Orange county ny, light snow for the last hour--just a dusting so far.
All ready to go....payup


----------



## Ripple (Aug 30, 2004)

*update*

Started snowing here at 5:30pm and now its 9:30pm ...I think we have about a half an inch so far...wahoo!!!


----------



## NJBuickRacer (Jan 20, 2005)

About 1/2-1 inch sticking to pavement in E. Brunswick, in Union it's just starting to stick to the roadway. I'm headed down to sub in S. Jersey where I was told it's 2" plus, right now.


----------



## blk90s13 (Sep 1, 2005)

NJBuickRacer said:


> About 1/2-1 inch sticking to pavement in E. Brunswick, in Union it's just starting to stick to the roadway. I'm headed down to sub in S. Jersey where I was told it's 2" plus, right now.

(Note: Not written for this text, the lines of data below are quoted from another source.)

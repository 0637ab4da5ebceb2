-- ===== src/SpellRolls/Recording.antt =====
-- `Specification`, `CheckRecording` and `compare` of src/spell_rolls.rs.
use wire_harness.Prelude.{
  ℕ, zero, suc, ◌+◌, ◌*◌, ◌/◌, ◌%◌, ◌^◌, Bool, true, ◌&&◌, ltb, leb, ◌==◌, List, [], ◌∷◌, String,
  length, take, Result, ok, err, ◌>>=◌, ◌>>◌, ensure, if◌then◌else◌,
}
use wire_harness.Rolls.Binomial.{Floats, epsilon, binomial_p_ratio_upper}
use wire_harness.Rolls.Recording.{Difference, threshold, is_match}
use wire_harness.SpellRolls.Outcomes.{
  Error, allocation, context, probability, probability_sum, provenance, level_characters,
  block_number, block_counts, target_level, binomial, disagrees, Counts, no_counts, validate,
}

pub record Probability : Type 0 where
  pub numerator : ℕ
  pub denominator : ℕ

pub record Specification : Type 0 where
  pub samples_per_level : ℕ
  pub reference_samples_per_level : ℕ
  pub reference_characters : ℕ
  pub spell_id : ℕ
  pub intellect : ℕ
  pub target_entry : ℕ
  pub target_faction : ℕ
  pub target_levels : ℕ × ℕ
  pub expected : List Probability × List Probability

pub record RecordedCharacter : Type 0 where
  pub level : ℕ
  pub counts : Counts
  pub blocks : List Counts

pub record CheckRecording : Type 0 where
  pub classifier_version : ℕ
  pub setup_ms : ℕ
  pub elapsed_ms : ℕ
  pub characters : List RecordedCharacter

-- `CATEGORIES`
abbrev pub categories : List String
categories = "miss" ∷ "resist" ∷ "crit" ∷ "hit" ∷ "partial_resist" ∷ []

-- The array of the counts, in the order of `CATEGORIES`.
unfoldable pub to_list : Counts → List ℕ
to_list c = c.misses ∷ c.resists ∷ c.crits ∷ c.hits ∷ c.partials ∷ []

-- `for (sum, count) in sum.0.iter_mut().zip(block.0) { *sum += count }` on u32 values
unfoldable pub add_counts : Counts → Counts → Counts
add_counts c d = record {
  misses = (c.misses + d.misses) % 2 ^ 32;
  resists = (c.resists + d.resists) % 2 ^ 32;
  crits = (c.crits + d.crits) % 2 ^ 32;
  hits = (c.hits + d.hits) % 2 ^ 32;
  partials = (c.partials + d.partials) % 2 ^ 32;
}

unfoldable pub same_counts : Counts → Counts → Bool
same_counts c d =
    c.misses == d.misses
    && c.resists == d.resists
    && c.crits == d.crits
    && c.hits == d.hits
    && c.partials == d.partials

-- The loop over the blocks of a character.
unfoldable pub add_blocks : Counts → List Counts → Result Error Counts
unfolding add_counts
add_blocks counts [] = ok counts
add_blocks counts (block ∷ blocks) = do
  validate block 50
  add_blocks (add_counts counts block) blocks

unfoldable pub validate_character : RecordedCharacter → Result Error (Unit {0})
unfolding add_blocks same_counts no_counts
validate_character character = do
  validate character.counts 250
  ensure (length character.blocks == 5) block_number
  added ← add_blocks no_counts character.blocks
  ensure (same_counts added character.counts) block_counts

-- The loop over the characters of a level, with the total so far.
unfoldable pub add_characters : Counts → List RecordedCharacter → Result Error Counts
unfolding validate_character add_counts
add_characters counts [] = ok counts
add_characters counts (c ∷ cs) = do
  validate_character c
  add_characters (add_counts counts c.counts) cs

-- `characters.iter().filter(|c| c.level == level)`
unfoldable pub at_level : ℕ → List RecordedCharacter → List RecordedCharacter
at_level level [] = []
at_level level (c ∷ cs) = if c.level == level then c ∷ at_level level cs else at_level level cs

-- The counts of one target level, when they are accepted.
unfoldable pub level_total : CheckRecording → ℕ → Result Error Counts
unfolding at_level add_characters no_counts
level_total recording level = do
  let characters = at_level level recording.characters
  ensure (length characters == 8) level_characters
  add_characters no_counts characters

unfoldable pub valid_level : ℕ → Bool
valid_level level = leb 1 level && leb level 255

unfoldable pub all_valid : List Probability → Bool
all_valid [] = true
all_valid (p ∷ ps) =
    ltb 0 p.denominator
    && leb p.denominator (2 ^ 53)
    && leb p.numerator p.denominator
    && all_valid ps

-- An error of `binomial_p_ratio_upper` as one of this file.
unfoldable pub rolled {ℓ} : {E : Type 0} {A : Type ℓ} → Result E A → Result Error A
rolled (ok a) = ok a
rolled (err e) = err binomial

module _ (floats : Floats) where
  unfoldable pub add_ratios : floats.Float → List Probability → floats.Float
  add_ratios sum [] = sum
  add_ratios sum (p ∷ ps) =
      add_ratios
        (floats.plus sum (floats.over (floats.nearest p.numerator) (floats.nearest p.denominator)))
        ps

  -- The tests on the probabilities of one level. The partial resists are not in the sum.
  unfoldable pub valid_probabilities : List Probability → Result Error (Unit {0})
  unfolding all_valid add_ratios epsilon
  valid_probabilities ps = do
    ensure (all_valid ps) probability
    let sum = add_ratios (floats.nearest 0) (take 4 ps)
    ensure
        (floats.at_most (floats.magnitude (floats.minus sum (floats.nearest 1)))
          (floats.times (floats.nearest 4) (epsilon floats)))
        probability_sum

  unfoldable pub validate_specification : Specification → Result Error (Unit {0})
  unfolding valid_level valid_probabilities
  validate_specification spec = do
    ensure
        (spec.samples_per_level == 50000
          && spec.reference_samples_per_level == 2000
          && spec.reference_characters == 16)
        allocation
    ensure
        (leb 1 spec.spell_id
          && leb spec.spell_id 65535
          && leb spec.intellect 10000
          && ltb 0 spec.target_entry
          && ltb 0 spec.target_faction
          && valid_level spec.target_levels.0
          && valid_level spec.target_levels.1
          && ltb spec.target_levels.0 spec.target_levels.1)
        context
    valid_probabilities spec.expected.0
    valid_probabilities spec.expected.1

  -- The loop over the categories.
  unfoldable pub differences :
      ℕ → String → ℕ → List String → List Probability → List ℕ → Result Error (List Difference)
  unfolding threshold rolled binomial_p_ratio_upper
  differences level seed_slot samples (name ∷ names) (expected ∷ es) (actual ∷ counts) = do
    p ←
        rolled
          (binomial_p_ratio_upper floats samples actual expected.numerator expected.denominator)
    more ← differences level seed_slot samples names es counts
    let found : Difference = record {
      level = level;
      seed_slot = seed_slot;
      category = name;
      expected = expected.numerator * samples / expected.denominator;
      actual = actual;
    }
    ok (if floats.at_most p (threshold floats) then found ∷ more else more)
  differences level seed_slot samples _ _ _ = ok []

  -- What `compare` reads at `level_index`, which is 0 or 1.
  unfoldable pub level_at : Specification → ℕ → ℕ × List Probability
  level_at spec zero = (spec.target_levels.0, spec.expected.0)
  level_at spec (suc _) = (spec.target_levels.1, spec.expected.1)

  unfoldable pub compare : Specification → Counts → ℕ → String → ℕ → Result Error (List Difference)
  unfolding validate_specification differences level_at to_list
  compare spec counts level_index seed_slot samples = do
    validate_specification spec
    ensure (ltb level_index 2) target_level
    validate counts samples
    let (level, expected) = level_at spec level_index
    differences level seed_slot samples categories expected (to_list counts)

  -- One round of the loop over the target levels.
  unfoldable pub check_level : CheckRecording → Specification → ℕ → ℕ → Result Error (Unit {0})
  unfolding level_total compare is_match
  check_level recording spec level_index level = do
    counts ← level_total recording level
    found ← compare spec counts level_index "reference_check" 2000
    ensure (is_match floats found) disagrees

  unfoldable pub check : CheckRecording → Specification → Result Error (Unit {0})
  unfolding validate_specification check_level
  check recording spec = do
    validate_specification spec
    ensure
        (recording.classifier_version == 1
          && ltb 0 recording.setup_ms
          && ltb 0 recording.elapsed_ms
          && ltb recording.elapsed_ms (30 * 60 * 1000)
          && length recording.characters == 16)
        provenance
    check_level recording spec 0 spec.target_levels.0
    check_level recording spec 1 spec.target_levels.1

its raining here in belmar nj where is the snow ?

south jersey where ?


----------



## NJBuickRacer (Jan 20, 2005)

Trenton area, other side of S. Jersey


----------



## vis (Nov 20, 2004)

coming down lightly in fairfield CT. 950 PM nothing on the ground yet. im gonna go try and get some ZzZzzz


----------



## Jpocket (Nov 7, 2005)

We have about 1/2 inche here in SE PA, Im gonna sleep till about 4am and see what it looks like when I get up hopefeully I can ROCK AND ROLL


----------



## NJ Plowman (Dec 10, 2003)

10:30PM...Just getting a few flakes in Bergen County NJ...:realmad:


----------



## ynot_5_0 (Dec 5, 2005)

We have about 2 inches on the ground and a light dusting on the roads just starting here in Monmouth county. Been snowing since about 2PM


----------



## bluerage94 (Dec 24, 2004)

It just started getting heavier within the last half hour in Suffolk County, Long Island NY....I'm hoping to get started in the next half hour or so...:yow!:


----------



## JTW (Sep 12, 2005)

Not a flake.


----------



## dutchman (Aug 20, 2005)

Just a dusting in North NewHaven County,CT


----------



## DAMSLandscaping (Aug 1, 2005)

Nothin Up Here yet... YET... Shesa Commin! Gotta Get a coupple hours of sleep.. or at least try.. :redbounce


----------



## Stan (Nov 28, 2003)

Looks like the site's time stamp is out of whack. It's 12;30 am here on L.i. Looks like 3-4".


----------



## blk90s13 (Sep 1, 2005)

monmouth county 3 inchs here in neptune to be exact 


did my first run around already, take it easy out there 



payup let is snow  :bluebounc


----------



## PLOWMAN45 (Jul 2, 2003)

its snowing hard i have no clue home much is out there


----------



## dutchman (Aug 20, 2005)

We have 2"


----------



## ACL&L Plowing (Jan 30, 2004)

Not much snow here , Ocean County NJ. Just woke up for the third time to check the snow, going back to sleep for another hour or two. We have about an inch and a half so far and its 3:15 am. National Weather Service has changed 4 times since 7:00pm. 4-8" yo 3-7" to 2-4', now its less than an inch. We have enough to salt or plow barely. Its not really coming down heavy Im thinking we will probably see another inch or two maybe. Be safe guys.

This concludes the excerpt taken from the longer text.